How to ask for feedback

I was in a conversation on Facebook recently with a woman I've known for a long time.

This lovely lady has a new venture she's working very hard on, and she's wondering if she can send it over to get my feedback.

(Incidentally, IttyBiz is on Facebook! Please come and click Like and validate our existence! Ahem. This was done for many reasons, most prominent among them that my mother and my kids have been nagging me for years. You'll be happy to know that now IttyBiz is on Facebook, they have moved on to nagging me about Pinterest and YouTube, respectively. I believe this has been the plan all along.)

Anyway, feedback.

If you are involved in any type of creative or innovative enterprise, you undoubtedly find yourself in a similar position. We're all desperate for feedback.

We ask our friends and family but they're non-commital.

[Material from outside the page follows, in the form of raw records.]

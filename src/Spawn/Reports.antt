-- ===== src/Spawn/Reports.antt =====
-- What `yo_proc_spawn` tells its caller of the child.
use libyaooi.Prelude.{
  ℕ, ◌≡◌, refl, ◌∙◌, ap, Option, none, some, Bool, true, false, List, ◌∷◌, if◌then◌else◌,
}
use libyaooi.Errno.{Code}
use libyaooi.Errno.Os.{Errno}
use libyaooi.Errno.Unix.{conv_errno}
use libyaooi.Socket.{Answer, done, fails, all_done}
use libyaooi.Spawn.{
  fcntls, Ledger, Frame, Stream, Answers, Outcome, close, make, mkstd, proc_spawn, on_pipe,
  on_fcntls, making_in, making_out, making_err, on_fork, on_status, err_read_status, err_fork,
  err_mkstd_err, err_mkstd_out, err_fnctl_status,
}
use libyaooi.Spawn.Child.{ChildAnswers, child, calls, first_failure, reported}

-- `pipe`, `fcntl` and `fork` succeed, and so do malloc and `pipe` for a stream that is asked for.
abbrev pub Given : Option Stream → Type 0
Given none = Unit
Given (some s) = (s.memory ≡ true) × ((p : ℕ × ℕ) × (s.pipe ≡ done p))

abbrev pub Prepared : Answers → ℕ → Type 0
Prepared a pid =
    ((s : ℕ × ℕ) × (a.pipe ≡ done s))
    × (a.cloexec_read ≡ done tt)
    × (a.cloexec_write ≡ done tt)
    × (a.nonblock ≡ done tt)
    × Given a.pin
    × Given a.pout
    × Given a.perr
    × (a.fork ≡ done pid)
    × (a.waited ≡ done tt)

-- The result and the process, where the first failure in the child is `failure`.
abbrev pub told : Option Errno → ℕ → Option Code × Option ℕ
told none pid = (some Code.ok, some pid)
told (some e) pid = (conv_errno e, none)

abbrev pub answered : Outcome → Option Code × Option ℕ
answered o = (o.result, o.pid)

errno-close : (e : Option ℕ) (l : Ledger) → (close e l).errno ≡ l.errno
errno-close none l = refl
errno-close (some x) l = refl

abbrev Told : Answers → ℕ → Option Errno → Outcome → Type 0
Told a pid failure o =
    a.waited ≡ done tt → a.status ≡ reported failure → answered o ≡ told failure pid

Told-on_status :
    (failure : Option Errno) (a : Answers) (pid : ℕ) (f : Frame) (l : Ledger)
    → a.waited ≡ done tt
    → answered (on_status (reported failure) a pid f l) ≡ told failure pid
unfolding on_status err_read_status err_fork err_mkstd_err err_mkstd_out err_fnctl_status
Told-on_status none a pid f l w = refl
Told-on_status (some e) a pid f l w = rw w (simp errno-close refl)

module _ (a : Answers) (pid : ℕ) (failure : Option Errno) where
  Told-on_fork : (f : Frame) (l : Ledger) → Told a pid failure (on_fork (done pid) a f l)
  unfolding on_fork
  Told-on_fork f l w s = simp s (Told-on_status failure a pid _ _ w)

  made :
      (input : Bool) (s : Option Stream) (l : Ledger)
      → Given s
      → (e : libyaooi.Spawn.Ends) × ((l1 : Ledger) × (make input s l ≡ (some e, l1)))
  unfolding mkstd
  made input none l g = (_, (_, refl))
  made input (some s) l (m, (p, e)) = rw m (rw e (_, (_, refl)))

  Told-making_err :
      (f : Frame) (l : Ledger)
      → Given a.perr
      → a.fork ≡ done pid
      → Told a pid failure (making_err a f l)
  unfolding making_err
  Told-making_err f l g k =
      let (e, (l1, h)) = made false a.perr l g in rw (h, making_err) (simp k (Told-on_fork _ _))

  Told-making_out :
      (f : Frame) (l : Ledger)
      → Given a.pout
      → Given a.perr
      → a.fork ≡ done pid
      → Told a pid failure (making_out a f l)
  unfolding making_out
  Told-making_out f l go g k =
      let (e, (l1, h)) = made false a.pout l go in rw (h, making_out) (Told-making_err _ _ g k)

  Told-making_in :
      (f : Frame) (l : Ledger)
      → Given a.pin
      → Given a.pout
      → Given a.perr
      → a.fork ≡ done pid
      → Told a pid failure (making_in a f l)
  unfolding making_in
  Told-making_in f l gi go g k =
      let (e, (l1, h)) = made true a.pin l gi in rw (h, making_in) (Told-making_out _ _ go g k)

  Told-on_fcntls :
      (r : Answer Unit) (s : ℕ × ℕ) (l : Ledger)
      → r ≡ done tt
      → Given a.pin
      → Given a.pout
      → Given a.perr
      → a.fork ≡ done pid
      → Told a pid failure (on_fcntls r a s l)
  unfolding on_fcntls
  Told-on_fcntls r s l e gi go g k = rw e (Told-making_in _ _ gi go g k)

  Told-on_pipe :
      (r : Answer (ℕ × ℕ)) (s : ℕ × ℕ) (l : Ledger)
      → r ≡ done s
      → fcntls a ≡ done tt
      → Given a.pin
      → Given a.pout
      → Given a.perr
      → a.fork ≡ done pid
      → Told a pid failure (on_pipe r a l)
  unfolding on_pipe
  Told-on_pipe r s l e f gi go g k = rw e (Told-on_fcntls (fcntls a) s _ f gi go g k)

all_done-done :
    (x y z : Answer Unit) → x ≡ done tt → y ≡ done tt → z ≡ done tt → all_done x y z ≡ done tt
all_done-done x y z ex ey ez = rw ex (rw ey (rw ez refl))

fcntls-done :
    (a : Answers)
    → a.cloexec_read ≡ done tt
    → a.cloexec_write ≡ done tt
    → a.nonblock ≡ done tt
    → fcntls a ≡ done tt
fcntls-done a r w b = all_done-done _ _ _ r w b

-- A call that is made only where it is needed, and succeeds.
abbrev Fine : Bool → Answer Unit → Type 0
Fine false r = Unit
Fine true r = r ≡ done tt

-- How the child ends: the program runs, or the call that fails is the first one.
pub data Ends (c : ChildAnswers) : Option Errno → Type 0 where
  no_input : (e : Errno) → c.has_in ≡ true → c.dup_in ≡ fails e → Ends c (some e)
  no_output :
      (e : Errno)
      → Fine c.has_in c.dup_in
      → c.has_out ≡ true
      → c.dup_out ≡ fails e
      → Ends c (some e)
  no_error :
      (e : Errno)
      → Fine c.has_in c.dup_in
      → Fine c.has_out c.dup_out
      → c.has_err ≡ true
      → c.dup_err ≡ fails e
      → Ends c (some e)
  no_directory :
      (e : Errno)
      → Fine c.has_in c.dup_in
      → Fine c.has_out c.dup_out
      → Fine c.has_err c.dup_err
      → c.has_cwd ≡ true
      → c.chdir ≡ fails e
      → Ends c (some e)
  no_mask :
      (e : Errno)
      → Fine c.has_in c.dup_in
      → Fine c.has_out c.dup_out
      → Fine c.has_err c.dup_err
      → Fine c.has_cwd c.chdir
      → c.setmask ≡ fails e
      → Ends c (some e)
  no_program :
      (e : Errno)
      → Fine c.has_in c.dup_in
      → Fine c.has_out c.dup_out
      → Fine c.has_err c.dup_err
      → Fine c.has_cwd c.chdir
      → c.setmask ≡ done tt
      → c.exec ≡ fails e
      → Ends c (some e)
  runs :
      Fine c.has_in c.dup_in
      → Fine c.has_out c.dup_out
      → Fine c.has_err c.dup_err
      → Fine c.has_cwd c.chdir
      → c.setmask ≡ done tt
      → c.exec ≡ done tt
      → Ends c none

passed :
    (needed : Bool) (r : Answer Unit) (rest : List (Answer Unit))
    → Fine needed r
    → first_failure ((if needed then r else done tt) ∷ rest) ≡ first_failure rest
unfolding first_failure
passed false r rest h = refl
passed true r rest h = rw h refl

stopped_at :
    (needed : Bool) (r : Answer Unit) (rest : List (Answer Unit)) (e : Errno)
    → needed ≡ true
    → r ≡ fails e
    → first_failure ((if needed then r else done tt) ∷ rest) ≡ some e
unfolding first_failure
stopped_at needed r rest e n h = rw n (rw h refl)

first_failure-Ends :
    (c : ChildAnswers) (failure : Option Errno) → Ends c failure → first_failure (calls c) ≡ failure
unfolding first_failure
first_failure-Ends c _ (no_input e n h) = stopped_at c.has_in c.dup_in _ e n h
first_failure-Ends c _ (no_output e i n h) =
    passed c.has_in c.dup_in _ i ∙ stopped_at c.has_out c.dup_out _ e n h
first_failure-Ends c _ (no_error e i o n h) =
    passed c.has_in c.dup_in _ i
    ∙ passed c.has_out c.dup_out _ o
    ∙ stopped_at c.has_err c.dup_err _ e n h
first_failure-Ends c _ (no_directory e i o r n h) =
    passed c.has_in c.dup_in _ i
    ∙ passed c.has_out c.dup_out _ o
    ∙ passed c.has_err c.dup_err _ r
    ∙ stopped_at c.has_cwd c.chdir _ e n h
first_failure-Ends c _ (no_mask e i o r d h) =
    passed c.has_in c.dup_in _ i
    ∙ passed c.has_out c.dup_out _ o
    ∙ passed c.has_err c.dup_err _ r
    ∙ passed c.has_cwd c.chdir _ d
    ∙ stopped_at true c.setmask _ e refl h
first_failure-Ends c _ (no_program e i o r d m h) =
    passed c.has_in c.dup_in _ i
    ∙ passed c.has_out c.dup_out _ o
    ∙ passed c.has_err c.dup_err _ r
    ∙ passed c.has_cwd c.chdir _ d
    ∙ passed true c.setmask _ m
    ∙ stopped_at true c.exec _ e refl h
first_failure-Ends c _ (runs i o r d m h) =
    passed c.has_in c.dup_in _ i
    ∙ passed c.has_out c.dup_out _ o
    ∙ passed c.has_err c.dup_err _ r
    ∙ passed c.has_cwd c.chdir _ d
    ∙ passed true c.setmask _ m
    ∙ passed true c.exec _ h

-- Where the calls of the parent succeed, `yo_proc_spawn` returns YO_OK and the process where every call that the child makes
-- succeeds; else it returns the code of the first of them that fails, in the order dup2 for each stream that is
-- asked for, chdir where there is a directory, the signal mask, execve, and gives no process.
pub proc_spawn-child :
    (a : Answers) (pid : ℕ) (c : ChildAnswers) (failure : Option Errno) (l : Ledger)
    → Prepared a pid
    → a.status ≡ child c
    → Ends c failure
    → answered (proc_spawn a l) ≡ told failure pid
unfolding proc_spawn
proc_spawn-child a pid c failure l ((s, p), r, w, b, gi, go, ge, k, t) st ends =
    Told-on_pipe a pid failure a.pipe s _ p (fcntls-done a r w b) gi go ge k t
      (st ∙ ap reported (first_failure-Ends c failure ends))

Or their answer is so pathetically simpering that it wasn't worth asking. Or, upon hearing their answer, you realize they were the wrong person to ask because they're utterly unqualified to even have an opinion.

Or the last time we asked, one of those things happened, and we're not going to do THAT again, and now we're in an echo chamber.

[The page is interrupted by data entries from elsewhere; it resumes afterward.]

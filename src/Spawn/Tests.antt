-- ===== src/Spawn/Tests.antt =====
-- A program that cannot be executed, with a pipe for its output.
use libyaooi.Prelude.{◌≡◌, refl, Option, none, some, true, false}
use libyaooi.Errno.Os.{Errno}
use libyaooi.Socket.{done, fails}
use libyaooi.Spawn.{Answers, Stream, proc_spawn, code}
use libyaooi.Spawn.Child.{ChildAnswers, first_failure}
use libyaooi.Spawn.Held.{begun, Settled, proc_spawn-Settled}
use libyaooi.Spawn.Reports.{no_program, told, answered, proc_spawn-child}

abbrev piped : Option Stream
piped = some (record { memory = true; pipe = done (5, 6) })

abbrev missing : ChildAnswers
missing = record {
  has_in = false;
  has_out = true;
  has_err = false;
  has_cwd = false;
  dup_in = done tt;
  dup_out = done tt;
  dup_err = done tt;
  chdir = done tt;
  setmask = done tt;
  exec = fails Errno.enoent;
}

abbrev answers : Answers
answers = record {
  pipe = done (3, 4);
  cloexec_read = done tt;
  cloexec_write = done tt;
  nonblock = done tt;
  pin = none;
  pout = piped;
  perr = none;
  fork = done 77;
  status = code Errno.enoent;
  waited = done tt;
}

proc_spawn-Settled_example : Settled 5 answers (proc_spawn answers (begun Errno.eio))
proc_spawn-Settled_example = proc_spawn-Settled answers Errno.eio 5

proc_spawn-child_example :
    answered (proc_spawn answers (begun Errno.eio)) ≡ told (some Errno.enoent) 77
unfolding first_failure
proc_spawn-child_example =
    proc_spawn-child answers 77 missing (some Errno.enoent) (begun Errno.eio)
      (((3, 4), refl), refl, refl, refl, tt, (refl, ((5, 6), refl)), tt, refl, refl) refl
      (no_program Errno.enoent tt refl tt tt refl refl)
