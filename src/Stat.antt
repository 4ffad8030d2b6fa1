-- ===== src/Stat.antt =====
-- What is known of a file: `yo_stat_t` of inc/yaooi/io.h, as `yo_stat` of src/unix/impl.c and of
-- src/win/impl.c make it. The fields of 32 bits take what is converted to them modulo 2^32.
pub mod Unix
pub mod Windows
pub mod Formats
pub mod Attributes
mod Tests
use libyaooi.Prelude.{ℕ, ◌%◌, ◌^◌, Option}
use libyaooi.Time.{Time}

pub data FileType : Type 0 where
  reg dir link sock fifo char blk : FileType

-- A type is none where it is -1.
pub record Stat : Type 0 where
  pub type : Option FileType
  pub mode : ℕ
  pub gid : ℕ
  pub uid : ℕ
  pub atime : Time
  pub mtime : Time
  pub ctime : Time
  pub size : ℕ
  pub blksize : ℕ
  pub inode : ℕ
  pub links : ℕ

abbrev pub u32 : ℕ → ℕ
u32 n = n % 2 ^ 32
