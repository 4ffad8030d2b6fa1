-- ===== src/Windows/Clock.antt =====
-- `yoi_win_conv_filetime` of src/win/impl.c, and the clocks of its `yo_time`.
pub mod Exact
mod Tests
use libyaooi.Prelude.{ℕ, ◌+◌, ◌*◌, ◌/◌, ◌%◌, ◌^◌}
use libyaooi.Prelude.Int.{pos, ◌-ℤ◌}
use libyaooi.Time.{Time, timeadd}

abbrev pub epoch_difference : ℕ
epoch_difference = 11644473600

-- A FILETIME is its number of ticks, of 100 nanoseconds each, since the year 1601. The nanoseconds are kept in
-- 32 bits.
unfoldable pub conv_filetime : ℕ → Time
conv_filetime ticks = record {
  sec = pos (ticks / 100000000) -ℤ pos epoch_difference;
  nsec = ticks % 100000000 * 100 % 2 ^ 32;
}

-- YO_CLOCK_MONO, where the frequency is not 0 and the product of the nanoseconds fits in 64 bits.
unfoldable pub time_mono : (counter freq : ℕ) → Time
time_mono counter freq = record {
  sec = pos (counter / freq);
  nsec = counter % freq * 1000000000 / freq;
}

-- YO_CLOCK_CPU
abbrev pub time_cpu : (kernel user : ℕ) → Time
time_cpu kernel user = timeadd (conv_filetime kernel) (conv_filetime user)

We ask critique partners, and colleagues, and mentors, and consistently, we don't get what we're looking for, or sometimes, we don't get anything at all.

In my chat with the lovely lady, I was able to put words to something I've been trying to articulate for a long time, and I thought I'd use the power of push button publishing to share it here today. Perhaps it will be useful to you.

Your best bet is to consider specifically if there's anything you want my opinion on. Like if it were a novel – what questions would you ask your beta readers? They can probably answer, “Do you think the protagonist is a self-obsessed jerk?” or “Is scene three remotely believable?”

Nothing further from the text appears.